When you've got a brightly light keyboard instead?

http://www.eluminx.com/product.asp 

An electro-luminescent display keyboard for only 99 dollars, pretty neat I say!

-Dan S.

Hmmm

From: Stephen M. St. Onge saintonge@hotmail.com

Date: Nov. 24th, 2002

subject: possibly amusing: the gendertest

Dear Jerry:

Go to http://www.thespark.com/gendertest, and try it. None of the questions has anything obvious to do with the subject, but the test correctly predicts sex with high accuracy.

Best, Stephen

DELENDAM ESSE SAUDI ARABIA!

Hmmm.

Dear Dr. Pournelle:

I suspect just two of the questions on the gender test mentioned on your website give it much of its accuracy. Consider the question "Do you usually carry stuff in your pockets?" Some women carry things in their pockets, but virtually all men do. If a person answers "no" to that question, that person has a high probability of being female.

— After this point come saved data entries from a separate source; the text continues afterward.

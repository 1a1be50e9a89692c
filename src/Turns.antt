-- ===== src/Turns.antt =====
-- assistant_platform/conversation/turn_inbox.py: when a session works on a message, and which message
-- it takes next. One session is modelled with the tables of messages and of jobs; a job's payload
-- keeps the ids of its session and message. Ids and times are numbers.
pub mod Pending
pub mod Schedule
pub mod Recovery
use cursor_pulse.Base.{
  ℕ, ◌+◌, Bool, true, false, not, ◌&&◌, ◌||◌, List, [], ◌∷◌, Option, none, some, ◌==◌,
  if◌then◌else◌, is_some, keep, any, take, max, is_nil,
}
use cursor_pulse.Base.Sorting.{sort_by}
use cursor_pulse.Jobs.{
  JobType, session_process, JobStatus, pending, queued, processing, done, failed, BackgroundJob,
  same_type, add_job,
}

-- The entry `turn` of the session's state.
pub record Turn : Type 0 where
  pub is_running : Bool
  pub trigger_message_id : Option ℕ
  pub started_at : Option ℕ

pub record ChatSession : Type 0 where
  pub id : ℕ
  pub is_open : Bool
  pub turn : Option Turn

pub record ChatMessage : Type 0 where
  pub id : ℕ
  pub session_id : ℕ
  pub from_user : Bool
  pub created_at : ℕ
  pub handled_at : Option ℕ

pub record Inbox : Type 0 where
  pub session : ChatSession
  pub messages : List ChatMessage
  pub jobs : List BackgroundJob

unfoldable pub is_turn_running : ChatSession → Bool
is_turn_running session = elim session.turn [ none ↦ false | some turn ↦ turn.is_running ]

abbrev pub created : ChatMessage → ℕ
created m = m.created_at

abbrev pub is_unhandled : ℕ → ChatMessage → Bool
is_unhandled session_id m = m.session_id == session_id && m.from_user && not (is_some m.handled_at)

pub mark_message_handled : ℕ → ℕ → List ChatMessage → List ChatMessage
mark_message_handled id now [] = []
mark_message_handled id now (m ∷ messages) =
    (if m.id == id then record m { handled_at = some now } else m)
    ∷ mark_message_handled id now messages

-- `none` stands for no limit.
unfoldable pub list_pending_user_messages : List ChatMessage → ℕ → Option ℕ → List ChatMessage
list_pending_user_messages messages session_id limit =
    let rows = sort_by created (keep (is_unhandled session_id) messages) in
    elim limit [ none ↦ rows | some n ↦ take n rows ]

unfoldable pub begin_turn : Inbox → ℕ → ℕ → Inbox
begin_turn inbox id now =
    let turn : Turn = record {
      is_running = true;
      trigger_message_id = some id;
      started_at = some now;
    } in
    record inbox {
      session = record inbox.session { turn = some turn };
      messages = mark_message_handled id now inbox.messages;
    }

pub idle_turn : Option Turn → Turn
idle_turn none = record { is_running = false; trigger_message_id = none; started_at = none }
idle_turn (some turn) = record turn { is_running = false; started_at = none }

unfoldable pub end_turn : Inbox → List ChatMessage × Inbox
end_turn inbox =
    let session = record inbox.session { turn = some (idle_turn inbox.session.turn) } in
    (list_pending_user_messages inbox.messages session.id none, record inbox { session = session })

-- `status IN ('queued', 'processing')`
abbrev pub is_active : JobStatus → Bool
is_active queued = true
is_active processing = true
is_active pending = false
is_active done = false
is_active failed = false

unfoldable pub session_has_active_process_job : List BackgroundJob → ℕ → Bool
session_has_active_process_job jobs session_id =
    any
      (λ j.
        same_type j.job_type session_process && is_active j.status && j.session_id == session_id)
      jobs

-- The tests before the messages are read.
unfoldable pub may_schedule : Inbox → Bool
may_schedule inbox =
    inbox.session.is_open
    && not (is_turn_running inbox.session)
    && not (session_has_active_process_job inbox.jobs inbox.session.id)

-- From the first pending message on; the id of the new job is an argument.
unfoldable pub schedule_first : Inbox → ℕ → ℕ → List ChatMessage → Bool × Inbox
schedule_first inbox new_id now [] = (false, inbox)
schedule_first inbox new_id now (m ∷ rest) =
    let begun = begin_turn inbox m.id now in
    (
      true,
      record begun { jobs = add_job session_process inbox.session.id m.id new_id now begun.jobs },
    )

unfoldable pub try_schedule_next_turn : Inbox → ℕ → ℕ → Bool × Inbox
try_schedule_next_turn inbox new_id now =
    if may_schedule inbox
    then schedule_first inbox new_id now
        (list_pending_user_messages inbox.messages inbox.session.id (some 1))
    else (false, inbox)

-- `TurnInbox.drain_unconsumed`
unfoldable drain_unconsumed : Inbox → ℕ → List ChatMessage
drain_unconsumed inbox max_per_drain =
    list_pending_user_messages inbox.messages inbox.session.id (some (max 1 max_per_drain))

-- `TurnInbox.mark_consumed`
unfoldable mark_consumed : Inbox → ℕ → ℕ → Inbox
mark_consumed inbox id now = record inbox { messages = mark_message_handled id now inbox.messages }
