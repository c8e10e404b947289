-- ===== src/Params/Structs/Serialized/Fits.antt =====
-- include/StructInfo.h: the types whose names are different, and the values that the constraints leave as
-- they are.
use catena.Base.{◌≡◌, refl, Bool, false, ◌||◌, some, ◌⊎◌, inl, inr, All, map, Bool-cases, arith}
use catena.Base.Text.{Text, eqb, eqb_self}
use catena.Proto.{
  ProtoValue, ProtoFields, field, int32_value, float32_value, get_int32, get_float32,
}
use catena.Params.{Descriptor}
use catena.Params.Convert.{constrain}
use catena.Params.Structs.{
  Kind, int32_kind, float32_kind, string_kind, int32_array_kind, float32_array_kind,
  string_array_kind, Shape, leaf, struct_of, variant_of, struct_array_of, variant_array_of, Shapes,
  no_shapes, shape, Tree, KindValue, Value, Fields, Alternatives, descriptor_of, subs_of,
  find_field, get_sub_param,
}
use catena.Params.Structs.Serialized.{Returned, message_of, fields_message, other_message}

unfoldable pub has_shape : Text → Shapes → Bool
has_shape name no_shapes = false
has_shape name (shape n s fs) = eqb name n || has_shape name fs

-- The fields of a struct have different names, and so have the alternatives of a variant.
unfoldable mutual
  pub IsNamed : Shape → Type 0
  IsNamed (leaf k) = Unit
  IsNamed (struct_of fs) = AreNamed fs
  IsNamed (variant_of n s alts) = (has_shape n alts ≡ false) × IsNamed s × AreNamed alts
  IsNamed (struct_array_of fs) = AreNamed fs
  IsNamed (variant_array_of n s alts) = (has_shape n alts ≡ false) × IsNamed s × AreNamed alts

  pub AreNamed : Shapes → Type 0
  AreNamed no_shapes = Unit
  AreNamed (shape n s fs) = (has_shape n fs ≡ false) × IsNamed s × AreNamed fs

-- A range constraint changes nothing of the number, or of the numbers of an array.
abbrev pub FitsKind : (k : Kind) → KindValue k → Descriptor → Type 0
FitsKind int32_kind i d = get_int32 (constrain d (int32_value i)) ≡ i
FitsKind float32_kind f d = get_float32 (constrain d (float32_value f)) ≡ f
FitsKind string_kind s d = Unit
FitsKind int32_array_kind is d = map (λ i. get_int32 (constrain d (int32_value i))) is ≡ is
FitsKind float32_array_kind fs d = map (λ f. get_float32 (constrain d (float32_value f))) fs ≡ fs
FitsKind string_array_kind ss d = Unit

abbrev pub Either : {A B : Type 0} → (A → Type 0) → (B → Type 0) → A ⊎ B → Type 0
Either P Q (inl a) = P a
Either P Q (inr b) = Q b

-- Every number in a value is one that its descriptor leaves as it is.
unfoldable mutual
  unfolding Value Fields Alternatives

  pub Fits : (s : Shape) → Value s → Tree → Type 0
  Fits (leaf k) v t = FitsKind k v (descriptor_of t)
  Fits (struct_of fs) v t = FieldsFit fs v t
  Fits (variant_of n s alts) v t =
      Either (λ x. Returned (λ below. Fits s x below) (get_sub_param n (subs_of t)))
        (λ o. OtherFits alts o t) v
  Fits (struct_array_of fs) vs t = All (λ v. FieldsFit fs v t) vs
  Fits (variant_array_of n s alts) vs t =
      All
        (λ v.
          Either (λ x. Returned (λ below. Fits s x below) (get_sub_param n (subs_of t)))
            (λ o. OtherFits alts o t) v)
        vs

  pub FieldsFit : (fs : Shapes) → Fields fs → Tree → Type 0
  FieldsFit no_shapes v t = Unit
  FieldsFit (shape n s fs) (v, vs) t =
      Returned (λ below. Fits s v below) (get_sub_param n (subs_of t)) × FieldsFit fs vs t

  pub OtherFits : (alts : Shapes) → Alternatives alts → Tree → Type 0
  OtherFits no_shapes o t = Unit
  OtherFits (shape n s alts) (inl v) t =
      Returned (λ below. Fits s v below) (get_sub_param n (subs_of t))
  OtherFits (shape n s alts) (inr o) t = OtherFits alts o t

-- Each field is found in the message under its name.
unfoldable pub Holds : (fs : Shapes) → Fields fs → ProtoFields → Type 0
unfolding Fields
Holds no_shapes vs src = Unit
Holds (shape n s fs) (v, vs) src = (find_field n src ≡ some (message_of s v)) × Holds fs vs src

Holds-behind :
    (fs : Shapes) (vs : Fields fs) (n : Text) (x : ProtoValue) (src : ProtoFields)
    → has_shape n fs ≡ false
    → Holds fs vs src
    → Holds fs vs (field n x src)
unfolding Fields Holds find_field has_shape
Holds-behind no_shapes vs n x src new h = tt
Holds-behind (shape m s fs) (v, vs) n x src new (there, h) = elim (Bool-cases (eqb n m)) [
  | inl same ↦ absurd (ground arith)
  | inr other ↦ let rest = rw other at new in (rw other there, Holds-behind fs vs n x src rest h)
]

pub fields_message-Holds :
    (fs : Shapes) (vs : Fields fs) → AreNamed fs → Holds fs vs (fields_message fs vs)
unfolding Fields Holds find_field fields_message IsNamed
fields_message-Holds no_shapes vs h = tt
fields_message-Holds (shape n s fs) (v, vs) (new, h, hs) =
    (rw (eqb_self n) refl, Holds-behind fs vs n _ _ new (fields_message-Holds fs vs hs))

pub other_message-named :
    (n : Text) (alts : Shapes) (o : Alternatives alts)
    → has_shape n alts ≡ false
    → eqb n (other_message alts o).0 ≡ false
unfolding Alternatives other_message has_shape
other_message-named n no_shapes o h = elim o [ ]
other_message-named n (shape m s alts) (inl v) h = ground arith
other_message-named n (shape m s alts) (inr o) h = other_message-named n alts o (ground arith)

I'm not as sure about the "Stop and think about your middle name for a second. Does it end with a vowel?" question, but running through names in my head, it seems to me that common American names ending in a vowel are much more likely to be female names, unless one is counting "y" as a vowel. The "y," however, is most often used to create nicknames, which aren't as likely to be made from a person's middle name as from a person's first name.

--William S. Cornell

OK

I'm with the ACLU on this one (last paragraph is key).

http://news.mysanantonio.com/story.cfm?
xla=saen&xlb=180&xlc=873972
  -- ------------------------------------------------------------ Roland Dobbins

Hardly shocking. I find myself in sympathy with the ACLU fairly often. Certainly in this case.